Retype precisely the section of the data that starts at the line containing "let s = new (pos 2) (pos 8) memory in" and runs to its final line, ends included.
○ ○ ○
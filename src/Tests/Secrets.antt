-- ===== src/Tests/Secrets.antt =====
-- Runs of the store and the tokens.
use secretstash.Base.{
  ◌<◌, ◌≤◌, ◌≡◌, ◌≢◌, refl, List, [], ◌∷◌, map, none, some, Bytes, length, replicate, arith, lookup,
  insert, bytes_dec, ℕ_discrete,
}
use secretstash.Base.Int.{pos}
use secretstash.Base.Result.{Result, ok, err}
use secretstash.Shamir.Codec.{IsBytes}
use secretstash.Crypto.{
  Box, Error, new_token, parse_token, encode_token, lookup_id, seal, open_box, token_bytes,
}
use secretstash.Crypto.Tokens.{parse_token-encode_token, parse_token-new_token}
use secretstash.Crypto.Sealing.{open_box-seal}
use secretstash.Memory.{Memory}
use secretstash.Store.{
  found, gone, consumed, revoked, SecretId, Entry, Sealed, Store, new, lookup_entry, put, take,
  peek, revoke, purge, new_entry,
}
use secretstash.Store.Cases.{decrement}
use secretstash.Store.Calls.{Call, puts, takes, peeks, revokes, purges, step, run}
use secretstash.Store.Valid.{IsValid, run-IsValid}
use secretstash.Store.Reads.{allowance, reads_of, reads_of-le-allowance}
use secretstash.Store.Countdown.{told, countdown, take_all, take_all-countdown}
use secretstash.Store.Frame.{HasRoom, Frame, Frame-others}
use secretstash.Store.Delivery.{Delivers, take-Delivers, cells-revoke-take}
use secretstash.Store.Leaving.Zeroed.{run_zeroed}
use secretstash.Store.Testimony.Lasting.{take-run-take_last}
use secretstash.Store.Spec.{SpecRun, alive}
use secretstash.Store.Spec.View.{view}
use secretstash.Store.Spec.Refines.{run_rooms, run_handed, run-SpecRun, view-purge-run}
use secretstash.Store.Evidence.{take-revoke}
use secretstash.Api.{
  Config, Api, WrapRequest, Response, wrapped, unwrapped, ParseDuration, read_wrap,
}
use secretstash.Api as api
use secretstash.Tests.Samples.{codec, ciphers, rand, rand-Fills, replicate-IsBytes}

abbrev pub raw : Bytes
raw = replicate 32 7

abbrev token_of : Result Error Bytes → Bytes
token_of (ok token) = token
token_of (err e) = []

abbrev pub token : Bytes
token = token_of (encode_token codec raw)

pub raw-IsBytes : IsBytes raw
raw-IsBytes = replicate-IsBytes 32 7 (omega arith)

encoded : encode_token codec raw ≡ ok token
unfolding encode_token
encoded = refl

parse_token-encode_token_example : parse_token codec token ≡ ok raw
parse_token-encode_token_example = parse_token-encode_token codec raw token raw-IsBytes encoded

drawn : new_token codec rand 0 ≡ ok (token, raw)
unfolding new_token encode_token
drawn = refl

parse_token-new_token_example : (length raw ≡ token_bytes) × (parse_token codec token ≡ ok raw)
parse_token-new_token_example = parse_token-new_token codec rand 0 token raw rand-Fills drawn

abbrev box_of_result : Result Error Box → Box
box_of_result (ok box) = box
box_of_result (err e) = record { lookup_id = []; ciphertext = []; salt = []; nonce = [] }

abbrev box : Box
box = box_of_result (seal codec ciphers rand 1 raw (1 ∷ 2 ∷ []))

sealed : seal codec ciphers rand 1 raw (1 ∷ 2 ∷ []) ≡ ok box
unfolding seal
sealed = refl

open_box-seal_example :
    (box.lookup_id ≡ lookup_id codec ciphers raw)
    × (open_box codec ciphers raw box ≡ ok (1 ∷ 2 ∷ []))
open_box-seal_example = open_box-seal codec ciphers rand 1 raw (1 ∷ 2 ∷ []) box rand-Fills sealed

abbrev pub memory : Memory
memory = record { cells = λ a. []; next = 0 }

abbrev first : Box
first = record { lookup_id = 1 ∷ []; ciphertext = 5 ∷ 6 ∷ []; salt = []; nonce = [] }

-- A store with one secret that can be read twice before the time 100.
abbrev one : Store
one = step (new (pos 2) (pos 8) memory) (puts 0 first (pos 100) (pos 2))

abbrev first_sealed : Sealed
first_sealed = record { lookup_id = 1 ∷ []; ciphertext = 0; salt = []; nonce = [] }

abbrev entry : Entry
entry = new_entry 0 first_sealed (pos 100) (pos 2)

entry_found : lookup_entry (1 ∷ []) one ≡ some entry
unfolding step put new insert lookup bytes_dec ℕ_discrete
entry_found = refl

abbrev calls : List Call
calls =
    puts 0 first (pos 100) (pos 2)
    ∷ takes 1 1 (1 ∷ [])
    ∷ peeks 2 2 (1 ∷ [])
    ∷ revokes 3 3 (1 ∷ [])
    ∷ purges 200 (λ id. 200)
    ∷ []

run-IsValid_example : IsValid (run (new (pos 2) (pos 8) memory) calls)
run-IsValid_example = run-IsValid (pos 2) (pos 8) memory calls

abbrev reading : List Call
reading = takes 1 1 (1 ∷ []) ∷ takes 2 2 (1 ∷ []) ∷ takes 3 3 (1 ∷ []) ∷ []

reads_of-le-allowance_example : reads_of (1 ∷ []) one reading ≤ allowance (1 ∷ []) one
reads_of-le-allowance_example = reads_of-le-allowance (1 ∷ []) one reading (tt, (tt, (tt, tt)))

take_all-countdown_example :
    (map told (take_all (1 ∷ []) one ((1, 1) ∷ (2, 2) ∷ [])).1 ≡ countdown 1)
    × (lookup_entry (1 ∷ []) (take_all (1 ∷ []) one ((1, 1) ∷ (2, 2) ∷ [])).0 ≡ none)
take_all-countdown_example =
    take_all-countdown 1 (1 ∷ []) one entry ((1, 1) ∷ (2, 2) ∷ []) entry_found refl refl
      (omega arith, (omega arith, tt))

-- Two reads, and then a purge.
abbrev used_up : List Call
used_up = takes 1 1 (1 ∷ []) ∷ takes 2 2 (1 ∷ []) ∷ purges 200 (λ id. 200) ∷ []

used_up_gone : lookup_entry (1 ∷ []) (run one used_up) ≡ none
unfolding run step put new insert lookup bytes_dec ℕ_discrete purge secretstash.Store.purge_tombs
    secretstash.Store.purge_entries take secretstash.Store.take_answer secretstash.Store.live_locked
    secretstash.Store.take_live secretstash.Store.bury secretstash.Base.delete
    secretstash.Store.tombstone
used_up_gone = refl

one_reached : run (new (pos 2) (pos 8) memory) (puts 0 first (pos 100) (pos 2) ∷ []) ≡ one
unfolding run
one_reached = refl

run_zeroed_example : (run one used_up).memory.cells 0 ≡ replicate (length (one.memory.cells 0)) 0
run_zeroed_example =
    run_zeroed (pos 2) (pos 8) memory (puts 0 first (pos 100) (pos 2) ∷ []) used_up (1 ∷ []) entry
      one one_reached entry_found (tt, (tt, (tt, tt))) used_up_gone

ids_ne : ◌≢◌ {A = SecretId} (2 ∷ []) (1 ∷ [])
ids_ne p = cc

Frame-others_example :
    Frame (1 ∷ []) one (take one 1 1 (2 ∷ [])).0
    × Frame (1 ∷ []) one (peek one 1 1 (2 ∷ [])).0
    × Frame (1 ∷ []) one (revoke one 1 1 (2 ∷ [])).0
Frame-others_example = Frame-others (2 ∷ []) (1 ∷ []) ids_ne one 1 1

allocated : 0 < one.memory.next
unfolding step put new
allocated = omega arith

take-Delivers_example : Delivers one entry (take one 1 1 (1 ∷ []))
take-Delivers_example = take-Delivers one 1 1 (1 ∷ []) entry entry_found (omega arith) allocated

-- The same with one read.
abbrev single : Store
single = step (new (pos 2) (pos 8) memory) (puts 0 first (pos 100) (pos 1))

abbrev last_entry : Entry
last_entry = new_entry 0 first_sealed (pos 100) (pos 1)

last_found : lookup_entry (1 ∷ []) single ≡ some last_entry
unfolding step put new insert lookup bytes_dec ℕ_discrete
last_found = refl

cells-revoke-take_example :
    ((take one 1 1 (1 ∷ [])).1 ≡ found (decrement entry))
    × ((revoke (take one 1 1 (1 ∷ [])).0 2 2 (1 ∷ [])).0.memory.cells 0
        ≡ replicate (length (one.memory.cells 0)) 0)
cells-revoke-take_example =
    cells-revoke-take one 1 1 2 2 (1 ∷ []) entry entry_found (omega arith) (omega arith) refl

single_room : HasRoom single
unfolding step put new api.new
single_room = omega arith

one_room : HasRoom one
unfolding step put new
one_room = omega arith

take-revoke_example :
    take (revoke one 1 1 (1 ∷ [])).0 50 50 (1 ∷ []) ≡ ((revoke one 1 1 (1 ∷ [])).0, gone revoked 1)
take-revoke_example =
    take-revoke one 1 1 50 50 (1 ∷ []) entry one_room entry_found (omega arith) (omega arith)

run-SpecRun_example :
    let s = new (pos 2) (pos 8) memory in
    SpecRun (λ id. none) calls (run_rooms s calls) (run_handed s calls) (view (run s calls))
run-SpecRun_example = run-SpecRun (pos 2) (pos 8) memory calls

view-purge-run_example :
    let s = run (new (pos 2) (pos 8) memory) (puts 0 first (pos 100) (pos 2) ∷ []) in
    view (purge s 200 (λ id. 201)) (1 ∷ []) ≡ alive 200 (view s (1 ∷ []))
view-purge-run_example =
    view-purge-run (pos 2) (pos 8) memory (puts 0 first (pos 100) (pos 2) ∷ []) 200 (λ id. 201)
      (1 ∷ [])

abbrev before : List Call
before = puts 0 first (pos 100) (pos 1) ∷ []

-- Other calls between the last read and the next.
abbrev between : List Call
between =
    takes 2 2 (1 ∷ []) ∷ peeks 3 3 (2 ∷ []) ∷ revokes 4 4 (1 ∷ []) ∷ purges 5000 (λ id. 5000) ∷ []

before_room : HasRoom (run (new (pos 2) (pos 8) memory) before)
unfolding run
before_room = single_room

before_found : lookup_entry (1 ∷ []) (run (new (pos 2) (pos 8) memory) before) ≡ some last_entry
unfolding run
before_found = last_found

take-run-take_last_example :
    (take
      (run (take (run (new (pos 2) (pos 8) memory) before) 1 1 (1 ∷ [])).0 between)
      6000
      6000
      (1 ∷ [])).1
    ≡ gone consumed 1
take-run-take_last_example =
    take-run-take_last (pos 2) (pos 8) memory before between 1 1 6000 6000 (1 ∷ []) last_entry
      before_room before_found (omega arith) refl
      (omega arith, (omega arith, (omega arith, (omega arith, tt)))) (omega arith)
○ ○ ○
* RESULT OF THIS EXERCISE
    let s = new (pos 2) (pos 8) memory in
    SpecRun (λ id. none) calls (run_rooms s calls) (run_handed s calls) (view (run s calls))
run-SpecRun_example = run-SpecRun (pos 2) (pos 8) memory calls

view-purge-run_example :
    let s = run (new (pos 2) (pos 8) memory) (puts 0 first (pos 100) (pos 2) ∷ []) in
    view (purge s 200 (λ id. 201)) (1 ∷ []) ≡ alive 200 (view s (1 ∷ []))
view-purge-run_example =
    view-purge-run (pos 2) (pos 8) memory (puts 0 first (pos 100) (pos 2) ∷ []) 200 (λ id. 201)
      (1 ∷ [])

abbrev before : List Call
before = puts 0 first (pos 100) (pos 1) ∷ []

-- Other calls between the last read and the next.
abbrev between : List Call
between =
    takes 2 2 (1 ∷ []) ∷ peeks 3 3 (2 ∷ []) ∷ revokes 4 4 (1 ∷ []) ∷ purges 5000 (λ id. 5000) ∷ []

before_room : HasRoom (run (new (pos 2) (pos 8) memory) before)
unfolding run
before_room = single_room

before_found : lookup_entry (1 ∷ []) (run (new (pos 2) (pos 8) memory) before) ≡ some last_entry
unfolding run
before_found = last_found

take-run-take_last_example :
    (take
      (run (take (run (new (pos 2) (pos 8) memory) before) 1 1 (1 ∷ [])).0 between)
      6000
      6000
      (1 ∷ [])).1
    ≡ gone consumed 1
take-run-take_last_example =
    take-run-take_last (pos 2) (pos 8) memory before between 1 1 6000 6000 (1 ∷ []) last_entry
      before_room before_found (omega arith) refl
      (omega arith, (omega arith, (omega arith, (omega arith, tt)))) (omega arith)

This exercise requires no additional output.